We found a success rate of 46.9% for phaco-ELT after 12 months (62.5% for the control group). The success rate for the control group is very similar to that previously published and for trabeculectomy by Mills and Khalili et al. [40, 41], which is remarkable considering the minimally invasive nature of this technique. However, success rates after trabeculectomy are mostly reported without AGD whereas our success rates are with or without AGD. After trabeculectomy, local antiglaucamatous medication would potentially compromise the long-term efficacy of the filtering bleb by inducing inflammation and scarring. After phaco-ELT, topical medications may be applied without such a risk. Therefore, we do not classify medical treatment after phaco-ELT as a treatment failure as long as the number of medications is equal or less compared to the preoperative number.

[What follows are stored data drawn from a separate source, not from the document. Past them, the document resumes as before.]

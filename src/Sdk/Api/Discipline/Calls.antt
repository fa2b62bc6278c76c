-- ===== src/Sdk/Api/Discipline/Calls.antt =====
-- Each public function keeps the discipline of the locks.
use c_sdk.Base.{ℕ, ◌≡◌, Bool, true, ◌||◌, Option, arith, CStr}
use c_sdk.Sdk.Config.{AppConfig, Created}
use c_sdk.Sdk.Machine.{Call, World, Value, is_null}
use c_sdk.Sdk.Global.{configure_log, init, ensure_init, shutdown}
use c_sdk.Sdk.App.{create_with, destroy_app}
use c_sdk.Sdk.Transaction.{set_transaction_timing, end_transaction}
use c_sdk.Sdk.Segment.{
  start_segment, set_segment_parent, set_segment_parent_root, set_segment_timing, finish,
}
use c_sdk.Sdk.Datastore.{DatastoreParams, Environment, start_datastore_segment}
use c_sdk.Sdk.External.{ExternalParams, start_external_segment}
use c_sdk.Sdk.Attribute.{add_attribute, record_custom_metric}
use c_sdk.Sdk.CustomEvent.{
  create_custom_event, discard_custom_event, record_custom_event, add_event_attribute,
}
use c_sdk.Sdk.Error.{notice_error}
use c_sdk.Sdk.DistributedTrace.{
  create_distributed_trace_payload, create_distributed_trace_payload_httpsafe,
  accept_distributed_trace_payload, accept_distributed_trace_payload_httpsafe,
}
use c_sdk.Sdk.Api.Discipline.{IsGuarded, Guarded, keeps_lock, IsHome}

module _ {S : Type 0} (perform : Call → S → ℕ × S) (version : CStr) (owner home : ℕ → ℕ)
    (w : World S) (g : IsGuarded owner home 0 w) where
  pub configure_log-Guarded :
      (f : Option CStr) (l : ℕ) → Guarded owner home 0 (configure_log perform f l w)
  unfolding configure_log
  configure_log-Guarded f l = grind (arith, g.transactions, g.segments, g.locks)

  pub init-Guarded : (s : Option CStr) (l : ℕ) → Guarded owner home 0 (init perform s l w)
  unfolding init
  init-Guarded s l = grind (arith, g.transactions, g.segments, g.locks)

  pub ensure_init-Guarded : Guarded owner home 0 (ensure_init perform w)
  unfolding ensure_init
  ensure_init-Guarded = grind (arith, g.transactions, g.segments, g.locks)

  pub shutdown-Guarded : Guarded owner home 0 (shutdown perform w)
  unfolding shutdown
  shutdown-Guarded = grind (arith, g.transactions, g.segments, g.locks)

  pub destroy_app-Guarded : (a : Option ℕ) → Guarded owner home 0 (destroy_app perform version a w)
  unfolding destroy_app
  destroy_app-Guarded a = grind (arith, g.transactions, g.segments, g.locks)

  pub set_transaction_timing-Guarded :
      (p a d : ℕ) → Guarded owner home 0 (set_transaction_timing perform p a d w)
  unfolding set_transaction_timing
  set_transaction_timing-Guarded p a d = grind (arith, g.transactions, g.segments, g.locks)

  pub end_transaction-Guarded :
      (p : Option ℕ) → Guarded owner home 0 (end_transaction perform version p w)
  unfolding end_transaction
  end_transaction-Guarded p = grind (arith, g.transactions, g.segments, g.locks)

  pub record_custom_metric-Guarded :
      (p : ℕ) (n : Option CStr) (m : ℕ)
      → Guarded owner home 0 (record_custom_metric perform p n m w)
  unfolding record_custom_metric
  record_custom_metric-Guarded p n m = grind (arith, g.transactions, g.segments, g.locks)

  pub create_custom_event-Guarded :
      (t : Option CStr) → Guarded owner home 0 (create_custom_event perform t w)
  unfolding create_custom_event
  create_custom_event-Guarded t = grind (arith, g.transactions, g.segments, g.locks)

  pub discard_custom_event-Guarded :
      (e : Option ℕ) → Guarded owner home 0 (discard_custom_event perform e w)
  unfolding discard_custom_event
  discard_custom_event-Guarded e = grind (arith, g.transactions, g.segments, g.locks)

  pub record_custom_event-Guarded :
      (p : ℕ) (e : Option ℕ) → Guarded owner home 0 (record_custom_event perform p e w)
  unfolding record_custom_event
  record_custom_event-Guarded p e = grind (arith, g.transactions, g.segments, g.locks)

  pub add_event_attribute-Guarded :
      (e : ℕ) (k : Option CStr) (v : Value)
      → Guarded owner home 0 (add_event_attribute perform e k v w)
  unfolding add_event_attribute
  add_event_attribute-Guarded e k v = grind (arith, g.transactions, g.segments, g.locks)

  pub add_attribute-Guarded :
      (p : ℕ) (k : Option CStr) (v : Option Value)
      → Guarded owner home 0 (add_attribute perform p k v w)
  unfolding add_attribute
  add_attribute-Guarded p k v = grind (arith, g.transactions, g.segments, g.locks)

  pub notice_error-Guarded :
      (p n : ℕ) (m c : Option CStr) → Guarded owner home 0 (notice_error perform p n m c w)
  unfolding notice_error
  notice_error-Guarded p n m c = grind (arith, g.transactions, g.segments, g.locks)

  pub create_distributed_trace_payload-Guarded :
      (p s : ℕ) → Guarded owner home 0 (create_distributed_trace_payload perform p s w)
  unfolding create_distributed_trace_payload
  create_distributed_trace_payload-Guarded p s = grind (arith, g.transactions, g.segments, g.locks)

  pub create_distributed_trace_payload_httpsafe-Guarded :
      (p s : ℕ) → Guarded owner home 0 (create_distributed_trace_payload_httpsafe perform p s w)
  unfolding create_distributed_trace_payload_httpsafe
  create_distributed_trace_payload_httpsafe-Guarded p s =
      grind (arith, g.transactions, g.segments, g.locks)

  pub accept_distributed_trace_payload-Guarded :
      (p : ℕ) (d t : Option CStr)
      → Guarded owner home 0 (accept_distributed_trace_payload perform p d t w)
  unfolding accept_distributed_trace_payload
  accept_distributed_trace_payload-Guarded p d t =
      grind (arith, g.transactions, g.segments, g.locks)

  pub accept_distributed_trace_payload_httpsafe-Guarded :
      (p : ℕ) (d t : Option CStr)
      → Guarded owner home 0 (accept_distributed_trace_payload_httpsafe perform p d t w)
  unfolding accept_distributed_trace_payload_httpsafe
  accept_distributed_trace_payload_httpsafe-Guarded p d t =
      grind (arith, g.transactions, g.segments, g.locks)

  pub create_with-Guarded :
      (c : AppConfig) (l : ℕ) (m : Created)
      → Guarded owner home 0 (create_with perform version c l m w)
  unfolding create_with
  create_with-Guarded c l m = grind (arith, g.transactions, g.segments, g.locks)

  pub finish-Guarded : (b : Bool) (x : ℕ) → Guarded owner home 0 (finish perform b x w)
  unfolding finish
  finish-Guarded b x = grind (arith, g.transactions, g.segments, g.locks)

  pub set_segment_parent-Guarded :
      (s q : ℕ)
      → (is_null s || keeps_lock (w.segments s)) ≡ true
      → Guarded owner home 0 (set_segment_parent perform s q w)
  unfolding set_segment_parent
  set_segment_parent-Guarded s q h = grind (arith, g.transactions, g.segments, g.locks)

  pub set_segment_parent_root-Guarded :
      (s : ℕ)
      → (is_null s || keeps_lock (w.segments s)) ≡ true
      → Guarded owner home 0 (set_segment_parent_root perform s w)
  unfolding set_segment_parent_root
  set_segment_parent_root-Guarded s h = grind (arith, g.transactions, g.segments, g.locks)

  pub set_segment_timing-Guarded :
      (s a d : ℕ)
      → (is_null s || keeps_lock (w.segments s)) ≡ true
      → Guarded owner home 0 (set_segment_timing perform s a d w)
  unfolding set_segment_timing
  set_segment_timing-Guarded s a d h = grind (arith, g.transactions, g.segments, g.locks)

  module _ (at_home : IsHome perform home) where
    pub start_segment-Guarded :
        (p : ℕ) (n c : Option CStr) → Guarded owner home 0 (start_segment perform p n c w)
    unfolding start_segment
    start_segment-Guarded p n c = grind (arith, g.transactions, g.segments, g.locks, at_home)

    pub start_datastore_segment-Guarded :
        (env : Environment) (p : ℕ) (d : Option DatastoreParams)
        → Guarded owner home 0 (start_datastore_segment perform env p d w)
    unfolding start_datastore_segment
    start_datastore_segment-Guarded env p d =
        grind (arith, g.transactions, g.segments, g.locks, at_home)

    pub start_external_segment-Guarded :
        (p : ℕ) (e : Option ExternalParams)
        → Guarded owner home 0 (start_external_segment perform p e w)
    unfolding start_external_segment
    start_external_segment-Guarded p e = grind (arith, g.transactions, g.segments, g.locks, at_home)
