-- ===== src/Sdk/Api/Discipline/Endings.antt =====
-- newrelic_end_segment ends a segment under the lock of its transaction.
use c_sdk.Base.{ℕ, ◌≡◌, ◌≢◌, refl, true, false, Option, none, some, ◌∷◌, arith, CStr}
use c_sdk.Sdk.Machine.{
  Call, nr_segment_type, World, Outcome, ok, fault, Segment, Transaction, M, did, acquire, update,
  is_null, mutex_unlock,
}
use c_sdk.Sdk.Segment.{end_segment, end_matching, end_locked, end_typed}
use c_sdk.Sdk.Api.Discipline.{IsGuarded, Guarded}
use c_sdk.Sdk.Api.Discipline.Calls

module _ {S : Type 0} (perform : Call → S → ℕ × S) (version : CStr) (owner home : ℕ → ℕ) where
  end_typed-Guarded :
      (lock : ℕ) (w : World S)
      → IsGuarded owner home lock w
      → lock ≢ 0
      → (k x : ℕ) (v : Segment) → w.segments x ≡ some v
      → owner lock ≡ v.transaction
      → Guarded owner home lock (end_typed perform k x v w)
  unfolding end_typed
  end_typed-Guarded lock w g h k x v live own = grind (arith, g.transactions, g.segments, g.locks)

  unlock-Guarded :
      (lock : ℕ) (w : World S)
      → IsGuarded owner home lock w
      → lock ≢ 0
      → Guarded owner home 0 (mutex_unlock lock w)
  unlock-Guarded lock w g h = grind (arith, g.transactions, g.segments, g.locks)

  -- Two runs in a row.
  pub Guarded-bind :
      {A B : Type 0} (lock : ℕ) (m : Outcome S A) (k : A → M S B)
      → Guarded owner home lock m
      → ((a : A) (w : World S) → IsGuarded owner home lock w → Guarded owner home 0 (k a w))
      → Guarded owner home 0 (elim m as (λ _. Outcome S B) [ ok a w' ↦ k a w' | fault e ↦ fault e ])
  Guarded-bind lock (ok a w) k h f = f a w h
  Guarded-bind lock (fault e) k h f = tt

  module _ (w : World S) (g : IsGuarded owner home 0 w) (p x : ℕ) (v : Segment)
      (live : w.segments x ≡ some v) (there : is_null p ≡ false) where
    module _ (t : Transaction) (found : w.transactions p ≡ some t)
        (same : t.txn ≡ v.transaction) where
      -- The world in which the segment is ended as its type asks for.
      abbrev locked : World S
      locked = record w {
        axiom_state = (perform (nr_segment_type v.segment) w.axiom_state).1;
        transactions = update w.transactions p (some (record t { locked = true }));
        trace = did (nr_segment_type v.segment) ∷ acquire p ∷ w.trace;
      }

      locked-IsGuarded : IsGuarded owner home p locked
      locked-IsGuarded = grind (arith, g.transactions, g.segments, g.locks)

      abbrev type : ℕ
      type = (perform (nr_segment_type v.segment) w.axiom_state).0

      ended-Guarded :
          Guarded owner home 0
            (elim (end_typed perform type x v locked) as (λ _. Outcome S (Unit {0})) [
              | ok a w' ↦ mutex_unlock p w'
              | fault e ↦ fault e
            ])
      ended-Guarded =
          Guarded-bind p (end_typed perform type x v locked) (λ _. mutex_unlock p)
            (end_typed-Guarded p locked locked-IsGuarded (ground arith) type x v live
              (ground (arith, g.transactions p t)))
            (λ _ w' g'. unlock-Guarded p w' g' (ground arith))

      end_locked-Guarded : Guarded owner home 0 (end_locked perform p x v w)
      unfolding end_locked
      end_locked-Guarded = ground (arith, found, ended-Guarded)

      end_matching-Guarded : Guarded owner home 0 (end_matching perform p x v w)
      unfolding end_matching
      end_matching-Guarded =
          Guarded-bind 0 (end_locked perform p x v w) _ end_locked-Guarded
            (λ a w' g'. Calls.finish-Guarded perform version owner home w' g' true x)

  module _ (w : World S) (g : IsGuarded owner home 0 w) (p x : ℕ) where
    end_found-Guarded :
        (v : Option Segment) (t : Option Transaction)
        → w.segments x ≡ v
        → w.transactions p ≡ t
        → Guarded owner home 0 (end_segment perform p (some x) w)
    unfolding end_segment
    end_found-Guarded none t e f = ground (arith, e)
    end_found-Guarded (some v) none e f =
        ground (arith, e, f, Calls.finish-Guarded perform version owner home w g false x)
    end_found-Guarded (some v) (some t) e f = ground (
      arith,
      e,
      f,
      Calls.finish-Guarded perform version owner home w g false x,
      λ (there : is_null p ≡ false) (same : t.txn ≡ v.transaction).
          end_matching-Guarded w g p x v e there t f same,
    )

  pub end_segment-Guarded :
      (w : World S)
      → IsGuarded owner home 0 w
      → (p : ℕ) (s : Option ℕ) → Guarded owner home 0 (end_segment perform p s w)
  unfolding end_segment
  end_segment-Guarded w g p none = g
  end_segment-Guarded w g p (some x) =
      end_found-Guarded w g p x (w.segments x) (w.transactions p) refl refl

A weakness of our study is the absence of a group undergoing only phacoemulsification, to act as a further control. The IOP-lowering effect of phaco has been widely investigated. We are currently engaged in a study following patient outcomes over five years and longer. Included in this study are patients with a range of glaucomas with different pathological mechanisms. The TM, especially the juxtacanalicular region of TM, is known to have the highest aqueous outflow resistance. This is the major cause of elevated IOP in primary open angle glaucoma. ELT bypasses this outflow pathway, as the aqueous humor is guided directly from the anterior chamber into the collector channels. Therefore, the underlying mechanism of the glaucoma is irrelevant as long as the elevated IOP is caused by an elevated outflow resistance in the TM.

Conclusion

For a selected collective of glaucoma or ocular hypertensive patients with at least a moderate cataract and who do not need the lowest target pressures, and in particular for those with an IOP over 21 mmHg, the combined surgery of excimer laser trabeculotomy and phacoemulsification (phaco-ELT) seems to be a good way to avoid or at least to delay trabeculectomy for some years. For patients with an IOP of 21 mmHg or lower, the addition of ELT to a standard cataract surgery procedure is a good option to lower IOP and to save AGD.